■ Directions for this task: For the entries below, repeat exactly each line starting with the one that contains "to_digits_large fuel n h = rw h refl" and going on through the one that contains "let tails = append_cancel", and no others.

----- Input for this task

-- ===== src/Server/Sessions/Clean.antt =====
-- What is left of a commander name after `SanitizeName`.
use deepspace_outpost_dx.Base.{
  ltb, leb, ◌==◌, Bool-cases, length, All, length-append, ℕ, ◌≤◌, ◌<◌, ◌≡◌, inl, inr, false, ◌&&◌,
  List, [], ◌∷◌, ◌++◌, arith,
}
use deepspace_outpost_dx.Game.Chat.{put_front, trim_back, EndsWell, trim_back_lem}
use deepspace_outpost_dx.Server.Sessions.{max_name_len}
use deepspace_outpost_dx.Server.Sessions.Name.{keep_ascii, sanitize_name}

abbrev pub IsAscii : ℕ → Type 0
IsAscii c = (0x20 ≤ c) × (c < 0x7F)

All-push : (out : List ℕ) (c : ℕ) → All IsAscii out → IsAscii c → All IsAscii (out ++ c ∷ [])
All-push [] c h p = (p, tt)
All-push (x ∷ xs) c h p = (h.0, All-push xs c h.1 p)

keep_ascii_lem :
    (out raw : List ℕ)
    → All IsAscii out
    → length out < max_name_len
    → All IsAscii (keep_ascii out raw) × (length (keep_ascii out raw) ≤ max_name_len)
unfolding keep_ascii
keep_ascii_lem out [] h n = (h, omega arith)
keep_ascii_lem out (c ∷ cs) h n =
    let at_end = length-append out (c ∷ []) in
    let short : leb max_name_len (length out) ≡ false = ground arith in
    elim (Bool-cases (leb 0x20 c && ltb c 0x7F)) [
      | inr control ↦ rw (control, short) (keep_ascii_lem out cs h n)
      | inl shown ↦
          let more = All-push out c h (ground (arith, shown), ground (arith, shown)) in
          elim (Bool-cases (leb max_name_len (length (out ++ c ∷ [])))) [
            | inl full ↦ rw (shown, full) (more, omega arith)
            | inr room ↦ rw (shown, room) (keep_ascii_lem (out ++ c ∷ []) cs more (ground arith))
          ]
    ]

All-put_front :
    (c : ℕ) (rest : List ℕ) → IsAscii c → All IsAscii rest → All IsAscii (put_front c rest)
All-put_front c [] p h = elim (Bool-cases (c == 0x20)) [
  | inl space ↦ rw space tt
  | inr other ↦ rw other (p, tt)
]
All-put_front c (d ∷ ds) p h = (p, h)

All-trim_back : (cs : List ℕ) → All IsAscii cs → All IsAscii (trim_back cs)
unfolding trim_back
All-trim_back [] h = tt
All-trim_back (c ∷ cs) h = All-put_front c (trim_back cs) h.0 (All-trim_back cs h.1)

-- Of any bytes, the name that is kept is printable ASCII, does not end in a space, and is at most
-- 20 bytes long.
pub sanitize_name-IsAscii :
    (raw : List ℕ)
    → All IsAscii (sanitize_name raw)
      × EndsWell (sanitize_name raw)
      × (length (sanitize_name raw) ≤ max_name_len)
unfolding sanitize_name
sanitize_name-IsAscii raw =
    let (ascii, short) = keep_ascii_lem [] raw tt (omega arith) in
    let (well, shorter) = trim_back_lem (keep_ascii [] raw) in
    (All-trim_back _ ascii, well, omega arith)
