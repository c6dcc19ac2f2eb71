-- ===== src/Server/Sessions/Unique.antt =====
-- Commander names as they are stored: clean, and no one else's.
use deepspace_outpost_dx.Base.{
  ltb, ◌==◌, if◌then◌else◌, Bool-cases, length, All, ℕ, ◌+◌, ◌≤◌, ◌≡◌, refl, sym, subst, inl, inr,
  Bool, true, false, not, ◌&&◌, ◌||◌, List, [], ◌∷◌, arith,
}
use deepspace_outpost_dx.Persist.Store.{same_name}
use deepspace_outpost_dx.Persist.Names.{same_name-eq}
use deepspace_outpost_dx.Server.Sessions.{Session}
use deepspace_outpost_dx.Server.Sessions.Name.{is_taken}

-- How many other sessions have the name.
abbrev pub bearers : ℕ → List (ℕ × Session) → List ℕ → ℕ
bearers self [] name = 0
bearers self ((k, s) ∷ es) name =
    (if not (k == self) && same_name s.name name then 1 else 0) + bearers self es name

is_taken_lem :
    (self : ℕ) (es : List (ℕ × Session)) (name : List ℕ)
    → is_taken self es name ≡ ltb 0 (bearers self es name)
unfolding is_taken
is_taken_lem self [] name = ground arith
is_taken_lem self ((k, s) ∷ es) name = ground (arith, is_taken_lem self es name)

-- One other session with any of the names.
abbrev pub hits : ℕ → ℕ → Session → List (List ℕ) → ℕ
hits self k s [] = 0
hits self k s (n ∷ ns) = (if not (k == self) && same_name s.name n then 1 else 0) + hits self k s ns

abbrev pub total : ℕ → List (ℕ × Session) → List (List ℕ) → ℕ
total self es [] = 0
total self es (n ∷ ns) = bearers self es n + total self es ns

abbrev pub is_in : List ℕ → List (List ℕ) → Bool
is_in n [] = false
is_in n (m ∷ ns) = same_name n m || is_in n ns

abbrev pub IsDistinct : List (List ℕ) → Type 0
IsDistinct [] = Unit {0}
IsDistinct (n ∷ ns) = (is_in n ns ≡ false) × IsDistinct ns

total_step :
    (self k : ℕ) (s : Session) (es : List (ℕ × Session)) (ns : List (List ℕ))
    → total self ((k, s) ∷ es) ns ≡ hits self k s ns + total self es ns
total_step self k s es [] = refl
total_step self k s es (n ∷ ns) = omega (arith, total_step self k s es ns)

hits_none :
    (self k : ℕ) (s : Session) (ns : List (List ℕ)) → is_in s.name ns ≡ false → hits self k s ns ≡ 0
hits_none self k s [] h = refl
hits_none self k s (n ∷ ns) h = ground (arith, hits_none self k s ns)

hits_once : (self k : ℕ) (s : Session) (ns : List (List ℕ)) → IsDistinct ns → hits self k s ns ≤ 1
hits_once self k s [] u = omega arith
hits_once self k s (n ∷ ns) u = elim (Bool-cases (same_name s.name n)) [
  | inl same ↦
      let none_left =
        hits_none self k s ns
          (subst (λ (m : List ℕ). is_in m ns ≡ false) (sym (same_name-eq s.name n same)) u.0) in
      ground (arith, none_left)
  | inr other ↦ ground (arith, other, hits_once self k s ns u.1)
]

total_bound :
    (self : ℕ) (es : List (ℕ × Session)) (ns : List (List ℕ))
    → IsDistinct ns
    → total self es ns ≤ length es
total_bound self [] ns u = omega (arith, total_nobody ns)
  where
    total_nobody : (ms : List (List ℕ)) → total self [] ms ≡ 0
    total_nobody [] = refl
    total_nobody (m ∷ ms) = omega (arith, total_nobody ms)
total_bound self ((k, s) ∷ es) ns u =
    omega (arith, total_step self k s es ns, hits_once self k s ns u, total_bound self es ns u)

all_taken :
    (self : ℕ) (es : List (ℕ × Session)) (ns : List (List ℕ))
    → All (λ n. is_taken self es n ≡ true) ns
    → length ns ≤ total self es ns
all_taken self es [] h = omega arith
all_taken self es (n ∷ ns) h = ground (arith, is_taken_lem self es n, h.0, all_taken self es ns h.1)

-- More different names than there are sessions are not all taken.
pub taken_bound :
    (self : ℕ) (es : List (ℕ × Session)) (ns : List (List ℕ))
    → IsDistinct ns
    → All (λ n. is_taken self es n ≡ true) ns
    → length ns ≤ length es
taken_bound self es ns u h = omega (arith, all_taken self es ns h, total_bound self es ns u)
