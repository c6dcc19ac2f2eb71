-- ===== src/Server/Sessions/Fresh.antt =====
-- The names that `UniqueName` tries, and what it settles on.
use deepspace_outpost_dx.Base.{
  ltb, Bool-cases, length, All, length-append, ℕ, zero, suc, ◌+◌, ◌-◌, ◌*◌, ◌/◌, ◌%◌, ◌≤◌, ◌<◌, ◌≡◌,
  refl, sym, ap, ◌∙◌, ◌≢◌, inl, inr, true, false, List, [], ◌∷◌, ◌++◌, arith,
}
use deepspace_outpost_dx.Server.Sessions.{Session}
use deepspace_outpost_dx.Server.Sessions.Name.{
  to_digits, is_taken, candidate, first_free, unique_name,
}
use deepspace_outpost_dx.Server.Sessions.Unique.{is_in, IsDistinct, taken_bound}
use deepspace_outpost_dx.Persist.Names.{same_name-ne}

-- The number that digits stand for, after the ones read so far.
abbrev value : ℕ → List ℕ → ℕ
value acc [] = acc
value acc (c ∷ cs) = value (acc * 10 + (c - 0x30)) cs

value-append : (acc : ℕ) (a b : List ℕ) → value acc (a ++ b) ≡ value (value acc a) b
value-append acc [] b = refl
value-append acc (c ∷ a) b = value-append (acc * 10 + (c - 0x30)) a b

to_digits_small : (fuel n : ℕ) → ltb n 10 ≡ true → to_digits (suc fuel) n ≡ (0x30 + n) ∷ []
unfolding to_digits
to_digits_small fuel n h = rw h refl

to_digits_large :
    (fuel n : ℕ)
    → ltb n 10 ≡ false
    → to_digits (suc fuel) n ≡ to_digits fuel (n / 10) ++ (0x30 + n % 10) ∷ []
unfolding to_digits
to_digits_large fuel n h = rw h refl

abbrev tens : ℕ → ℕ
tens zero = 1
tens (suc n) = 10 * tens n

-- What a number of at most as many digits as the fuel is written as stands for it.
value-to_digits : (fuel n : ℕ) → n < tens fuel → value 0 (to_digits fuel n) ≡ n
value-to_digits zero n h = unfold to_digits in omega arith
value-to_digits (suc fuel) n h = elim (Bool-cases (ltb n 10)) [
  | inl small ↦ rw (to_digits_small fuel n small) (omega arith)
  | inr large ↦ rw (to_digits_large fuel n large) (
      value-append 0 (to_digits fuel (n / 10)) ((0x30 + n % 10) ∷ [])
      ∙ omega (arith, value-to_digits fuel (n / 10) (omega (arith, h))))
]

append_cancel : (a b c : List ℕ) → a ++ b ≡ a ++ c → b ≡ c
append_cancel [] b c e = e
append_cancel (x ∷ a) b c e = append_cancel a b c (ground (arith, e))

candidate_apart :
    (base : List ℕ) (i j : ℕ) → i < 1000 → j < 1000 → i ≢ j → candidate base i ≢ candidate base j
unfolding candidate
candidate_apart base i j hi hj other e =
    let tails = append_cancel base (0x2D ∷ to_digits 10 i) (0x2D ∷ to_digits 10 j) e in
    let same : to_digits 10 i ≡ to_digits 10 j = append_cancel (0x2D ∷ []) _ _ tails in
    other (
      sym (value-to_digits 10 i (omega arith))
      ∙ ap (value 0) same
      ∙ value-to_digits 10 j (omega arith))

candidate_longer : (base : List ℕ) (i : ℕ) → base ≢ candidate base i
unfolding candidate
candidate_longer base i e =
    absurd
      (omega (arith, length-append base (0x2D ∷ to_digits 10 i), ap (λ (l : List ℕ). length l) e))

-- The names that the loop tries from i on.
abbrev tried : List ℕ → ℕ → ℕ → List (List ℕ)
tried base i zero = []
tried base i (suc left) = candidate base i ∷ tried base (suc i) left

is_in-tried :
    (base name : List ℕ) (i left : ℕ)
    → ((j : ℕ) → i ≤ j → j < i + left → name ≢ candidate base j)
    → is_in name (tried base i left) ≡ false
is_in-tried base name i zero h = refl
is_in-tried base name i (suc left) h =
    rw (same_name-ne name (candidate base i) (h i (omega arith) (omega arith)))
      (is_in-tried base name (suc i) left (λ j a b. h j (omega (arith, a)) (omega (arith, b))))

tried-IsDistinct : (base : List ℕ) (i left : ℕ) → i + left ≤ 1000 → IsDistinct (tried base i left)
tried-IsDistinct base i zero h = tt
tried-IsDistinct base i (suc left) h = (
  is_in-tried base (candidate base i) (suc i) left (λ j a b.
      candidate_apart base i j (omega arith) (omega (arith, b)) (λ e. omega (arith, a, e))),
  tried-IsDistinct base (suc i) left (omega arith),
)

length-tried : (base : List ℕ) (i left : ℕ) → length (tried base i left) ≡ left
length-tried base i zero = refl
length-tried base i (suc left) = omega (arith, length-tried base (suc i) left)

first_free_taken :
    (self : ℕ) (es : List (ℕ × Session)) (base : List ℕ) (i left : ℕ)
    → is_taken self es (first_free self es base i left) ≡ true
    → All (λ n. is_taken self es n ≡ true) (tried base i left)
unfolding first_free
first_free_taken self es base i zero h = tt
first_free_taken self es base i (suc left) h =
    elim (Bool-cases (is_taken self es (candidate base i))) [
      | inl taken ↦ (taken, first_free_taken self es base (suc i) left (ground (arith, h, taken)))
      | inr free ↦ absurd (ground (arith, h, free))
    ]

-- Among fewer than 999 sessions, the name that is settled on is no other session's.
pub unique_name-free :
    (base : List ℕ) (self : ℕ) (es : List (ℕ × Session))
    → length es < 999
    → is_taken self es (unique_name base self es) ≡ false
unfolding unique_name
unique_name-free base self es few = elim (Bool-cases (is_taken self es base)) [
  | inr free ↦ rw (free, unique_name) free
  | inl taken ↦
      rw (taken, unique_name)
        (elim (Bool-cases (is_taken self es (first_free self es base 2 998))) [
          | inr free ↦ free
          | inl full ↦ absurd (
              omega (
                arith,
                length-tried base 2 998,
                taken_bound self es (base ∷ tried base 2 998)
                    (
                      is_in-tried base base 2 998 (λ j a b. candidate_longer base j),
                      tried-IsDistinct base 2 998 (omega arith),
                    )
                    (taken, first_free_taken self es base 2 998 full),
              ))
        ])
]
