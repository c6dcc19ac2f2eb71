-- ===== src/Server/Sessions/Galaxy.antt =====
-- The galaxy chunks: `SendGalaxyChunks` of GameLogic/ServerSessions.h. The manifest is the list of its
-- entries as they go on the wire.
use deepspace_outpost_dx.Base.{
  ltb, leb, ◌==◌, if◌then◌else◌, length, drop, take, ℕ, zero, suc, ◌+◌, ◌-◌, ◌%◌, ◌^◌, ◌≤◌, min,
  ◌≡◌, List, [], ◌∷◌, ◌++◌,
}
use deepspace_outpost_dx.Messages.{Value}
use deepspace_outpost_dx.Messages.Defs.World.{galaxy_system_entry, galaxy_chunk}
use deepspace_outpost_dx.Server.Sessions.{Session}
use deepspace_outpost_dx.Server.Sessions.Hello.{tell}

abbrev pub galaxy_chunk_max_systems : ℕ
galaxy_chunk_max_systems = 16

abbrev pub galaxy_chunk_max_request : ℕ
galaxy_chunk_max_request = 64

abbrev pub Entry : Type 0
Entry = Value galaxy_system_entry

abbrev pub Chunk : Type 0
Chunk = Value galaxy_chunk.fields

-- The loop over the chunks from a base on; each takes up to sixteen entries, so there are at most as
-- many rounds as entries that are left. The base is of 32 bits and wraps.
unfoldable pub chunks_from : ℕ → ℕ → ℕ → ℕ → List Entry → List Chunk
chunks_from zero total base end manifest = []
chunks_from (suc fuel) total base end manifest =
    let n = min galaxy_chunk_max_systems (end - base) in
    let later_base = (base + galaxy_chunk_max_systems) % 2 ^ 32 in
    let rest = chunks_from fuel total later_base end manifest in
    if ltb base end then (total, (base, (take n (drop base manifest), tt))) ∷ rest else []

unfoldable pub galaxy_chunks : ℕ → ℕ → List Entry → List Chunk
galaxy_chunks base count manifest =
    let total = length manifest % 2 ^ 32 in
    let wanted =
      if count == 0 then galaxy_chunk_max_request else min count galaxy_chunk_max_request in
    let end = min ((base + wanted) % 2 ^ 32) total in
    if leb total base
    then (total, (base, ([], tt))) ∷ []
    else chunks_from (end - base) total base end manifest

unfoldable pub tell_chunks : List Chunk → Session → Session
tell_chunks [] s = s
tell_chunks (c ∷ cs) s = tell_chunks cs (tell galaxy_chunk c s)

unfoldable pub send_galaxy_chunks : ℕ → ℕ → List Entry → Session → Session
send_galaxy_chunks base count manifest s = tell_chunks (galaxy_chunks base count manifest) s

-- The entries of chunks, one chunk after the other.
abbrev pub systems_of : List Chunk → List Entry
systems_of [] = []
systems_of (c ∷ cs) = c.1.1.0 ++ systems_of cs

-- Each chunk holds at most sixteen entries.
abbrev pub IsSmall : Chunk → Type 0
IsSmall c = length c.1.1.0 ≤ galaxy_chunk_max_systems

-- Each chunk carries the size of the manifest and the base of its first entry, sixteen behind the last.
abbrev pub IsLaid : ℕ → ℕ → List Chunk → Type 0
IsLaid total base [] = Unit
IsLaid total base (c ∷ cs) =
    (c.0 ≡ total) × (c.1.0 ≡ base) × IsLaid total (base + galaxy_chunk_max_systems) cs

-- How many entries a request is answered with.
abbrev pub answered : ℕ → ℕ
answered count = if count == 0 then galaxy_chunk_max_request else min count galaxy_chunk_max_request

----------

■ Completed task:
to_digits_large fuel n h = rw h refl

abbrev tens : ℕ → ℕ
tens zero = 1
tens (suc n) = 10 * tens n

-- What a number of at most as many digits as the fuel is written as stands for it.
value-to_digits : (fuel n : ℕ) → n < tens fuel → value 0 (to_digits fuel n) ≡ n
value-to_digits zero n h = unfold to_digits in omega arith
value-to_digits (suc fuel) n h = elim (Bool-cases (ltb n 10)) [
  | inl small ↦ rw (to_digits_small fuel n small) (omega arith)
  | inr large ↦ rw (to_digits_large fuel n large) (
      value-append 0 (to_digits fuel (n / 10)) ((0x30 + n % 10) ∷ [])
      ∙ omega (arith, value-to_digits fuel (n / 10) (omega (arith, h))))
]

append_cancel : (a b c : List ℕ) → a ++ b ≡ a ++ c → b ≡ c
append_cancel [] b c e = e
append_cancel (x ∷ a) b c e = append_cancel a b c (ground (arith, e))

candidate_apart :
    (base : List ℕ) (i j : ℕ) → i < 1000 → j < 1000 → i ≢ j → candidate base i ≢ candidate base j
unfolding candidate
candidate_apart base i j hi hj other e =
    let tails = append_cancel base (0x2D ∷ to_digits 10 i) (0x2D ∷ to_digits 10 j) e in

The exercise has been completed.